→ **EXERCISE REQUIREMENTS**
Establish how many lines in the records below include the word "true"; respond with that number only.

→ **DATA LISTING**
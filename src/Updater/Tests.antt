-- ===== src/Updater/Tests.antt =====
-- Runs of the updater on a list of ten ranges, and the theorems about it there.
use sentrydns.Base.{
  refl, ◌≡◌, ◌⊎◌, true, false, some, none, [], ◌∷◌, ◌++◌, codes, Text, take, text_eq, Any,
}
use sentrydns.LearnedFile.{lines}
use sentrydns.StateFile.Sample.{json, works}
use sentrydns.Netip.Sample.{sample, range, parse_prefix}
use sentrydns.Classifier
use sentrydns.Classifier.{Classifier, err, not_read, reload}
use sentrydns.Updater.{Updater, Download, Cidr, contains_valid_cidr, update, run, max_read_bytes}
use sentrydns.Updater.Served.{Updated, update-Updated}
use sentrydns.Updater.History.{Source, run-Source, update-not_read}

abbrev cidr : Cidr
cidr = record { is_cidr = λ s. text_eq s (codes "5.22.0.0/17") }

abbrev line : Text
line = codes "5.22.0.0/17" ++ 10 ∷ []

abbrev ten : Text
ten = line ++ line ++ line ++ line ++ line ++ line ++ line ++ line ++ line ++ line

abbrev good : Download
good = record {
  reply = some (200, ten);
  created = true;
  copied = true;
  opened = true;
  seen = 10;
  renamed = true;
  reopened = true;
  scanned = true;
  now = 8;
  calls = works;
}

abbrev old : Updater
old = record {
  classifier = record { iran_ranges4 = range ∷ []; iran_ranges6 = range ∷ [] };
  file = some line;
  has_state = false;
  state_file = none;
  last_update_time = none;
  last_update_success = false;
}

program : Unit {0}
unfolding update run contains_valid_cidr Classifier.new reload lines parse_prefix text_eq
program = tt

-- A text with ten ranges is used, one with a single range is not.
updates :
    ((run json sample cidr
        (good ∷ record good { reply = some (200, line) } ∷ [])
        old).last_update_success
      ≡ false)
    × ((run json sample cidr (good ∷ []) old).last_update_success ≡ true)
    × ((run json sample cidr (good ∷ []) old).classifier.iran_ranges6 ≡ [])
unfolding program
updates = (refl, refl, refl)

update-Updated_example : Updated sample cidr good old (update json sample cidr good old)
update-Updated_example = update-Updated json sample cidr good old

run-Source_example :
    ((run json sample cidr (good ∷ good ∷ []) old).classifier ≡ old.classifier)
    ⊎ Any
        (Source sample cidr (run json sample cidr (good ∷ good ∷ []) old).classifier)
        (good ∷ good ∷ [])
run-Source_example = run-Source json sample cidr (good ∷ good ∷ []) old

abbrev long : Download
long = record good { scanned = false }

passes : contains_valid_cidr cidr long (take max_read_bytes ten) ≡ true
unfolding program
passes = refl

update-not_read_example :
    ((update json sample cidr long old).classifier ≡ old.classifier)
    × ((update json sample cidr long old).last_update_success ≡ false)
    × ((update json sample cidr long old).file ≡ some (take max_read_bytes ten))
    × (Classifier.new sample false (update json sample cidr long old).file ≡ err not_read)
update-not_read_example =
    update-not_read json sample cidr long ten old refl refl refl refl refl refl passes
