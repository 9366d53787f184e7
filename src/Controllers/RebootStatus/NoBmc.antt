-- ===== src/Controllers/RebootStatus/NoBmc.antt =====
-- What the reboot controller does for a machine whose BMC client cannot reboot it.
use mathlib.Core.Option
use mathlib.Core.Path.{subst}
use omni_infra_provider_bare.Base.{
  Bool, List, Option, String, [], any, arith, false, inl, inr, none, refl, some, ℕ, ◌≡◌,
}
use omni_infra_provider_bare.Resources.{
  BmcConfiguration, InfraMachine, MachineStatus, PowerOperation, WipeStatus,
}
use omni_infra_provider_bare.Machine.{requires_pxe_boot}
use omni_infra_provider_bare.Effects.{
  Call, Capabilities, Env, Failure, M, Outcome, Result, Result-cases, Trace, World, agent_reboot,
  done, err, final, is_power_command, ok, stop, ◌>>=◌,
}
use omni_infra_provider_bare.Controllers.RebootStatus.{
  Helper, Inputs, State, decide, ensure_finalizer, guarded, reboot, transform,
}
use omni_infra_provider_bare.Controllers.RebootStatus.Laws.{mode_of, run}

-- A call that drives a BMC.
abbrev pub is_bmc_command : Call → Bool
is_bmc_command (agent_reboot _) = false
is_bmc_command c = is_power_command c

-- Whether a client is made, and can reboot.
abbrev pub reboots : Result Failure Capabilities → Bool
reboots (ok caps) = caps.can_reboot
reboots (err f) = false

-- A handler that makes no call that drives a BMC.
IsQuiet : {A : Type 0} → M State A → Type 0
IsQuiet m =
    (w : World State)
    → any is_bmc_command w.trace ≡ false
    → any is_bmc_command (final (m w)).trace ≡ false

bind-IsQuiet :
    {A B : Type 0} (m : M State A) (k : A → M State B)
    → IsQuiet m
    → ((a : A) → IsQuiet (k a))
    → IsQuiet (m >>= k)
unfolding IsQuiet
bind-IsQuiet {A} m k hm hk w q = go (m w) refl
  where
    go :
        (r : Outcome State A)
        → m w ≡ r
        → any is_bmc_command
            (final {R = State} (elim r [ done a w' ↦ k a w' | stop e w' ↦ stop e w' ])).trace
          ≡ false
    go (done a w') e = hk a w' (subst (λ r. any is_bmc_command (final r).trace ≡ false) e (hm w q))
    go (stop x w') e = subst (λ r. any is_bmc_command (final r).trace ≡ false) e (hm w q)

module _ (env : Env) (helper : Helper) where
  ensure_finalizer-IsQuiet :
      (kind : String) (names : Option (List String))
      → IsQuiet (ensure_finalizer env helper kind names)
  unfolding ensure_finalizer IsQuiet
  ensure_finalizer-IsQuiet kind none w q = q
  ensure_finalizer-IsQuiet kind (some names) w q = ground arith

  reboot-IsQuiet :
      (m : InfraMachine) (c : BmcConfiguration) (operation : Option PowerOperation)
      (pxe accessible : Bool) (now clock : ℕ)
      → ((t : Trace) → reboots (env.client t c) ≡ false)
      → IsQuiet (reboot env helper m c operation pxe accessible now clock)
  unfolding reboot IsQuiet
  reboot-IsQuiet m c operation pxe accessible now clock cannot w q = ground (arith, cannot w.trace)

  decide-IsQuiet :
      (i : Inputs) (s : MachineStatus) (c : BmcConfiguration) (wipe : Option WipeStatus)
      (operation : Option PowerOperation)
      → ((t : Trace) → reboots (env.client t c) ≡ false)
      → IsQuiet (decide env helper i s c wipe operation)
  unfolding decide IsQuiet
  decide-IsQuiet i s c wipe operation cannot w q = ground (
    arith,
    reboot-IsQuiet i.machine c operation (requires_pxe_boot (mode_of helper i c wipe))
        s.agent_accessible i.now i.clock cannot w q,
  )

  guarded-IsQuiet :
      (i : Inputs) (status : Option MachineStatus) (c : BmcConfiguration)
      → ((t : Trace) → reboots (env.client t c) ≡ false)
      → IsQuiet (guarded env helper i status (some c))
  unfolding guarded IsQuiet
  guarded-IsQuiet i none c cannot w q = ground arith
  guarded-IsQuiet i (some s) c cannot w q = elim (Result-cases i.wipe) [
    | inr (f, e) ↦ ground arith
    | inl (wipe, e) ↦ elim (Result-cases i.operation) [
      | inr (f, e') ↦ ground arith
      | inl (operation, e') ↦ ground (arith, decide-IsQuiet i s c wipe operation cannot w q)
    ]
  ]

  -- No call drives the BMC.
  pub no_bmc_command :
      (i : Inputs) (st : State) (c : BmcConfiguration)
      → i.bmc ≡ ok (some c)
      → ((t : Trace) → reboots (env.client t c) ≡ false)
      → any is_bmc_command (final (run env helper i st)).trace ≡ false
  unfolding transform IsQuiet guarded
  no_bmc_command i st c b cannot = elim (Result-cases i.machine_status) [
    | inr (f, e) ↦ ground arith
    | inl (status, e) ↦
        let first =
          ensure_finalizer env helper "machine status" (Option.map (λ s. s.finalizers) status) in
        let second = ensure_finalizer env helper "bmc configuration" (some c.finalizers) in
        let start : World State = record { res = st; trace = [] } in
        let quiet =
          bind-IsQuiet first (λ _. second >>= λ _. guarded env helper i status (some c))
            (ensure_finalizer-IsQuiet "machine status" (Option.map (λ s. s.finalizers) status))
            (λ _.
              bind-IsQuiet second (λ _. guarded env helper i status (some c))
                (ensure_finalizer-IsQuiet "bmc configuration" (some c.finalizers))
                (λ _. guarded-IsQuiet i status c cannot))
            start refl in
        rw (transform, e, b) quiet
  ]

→ **ANSWER BELOW**
9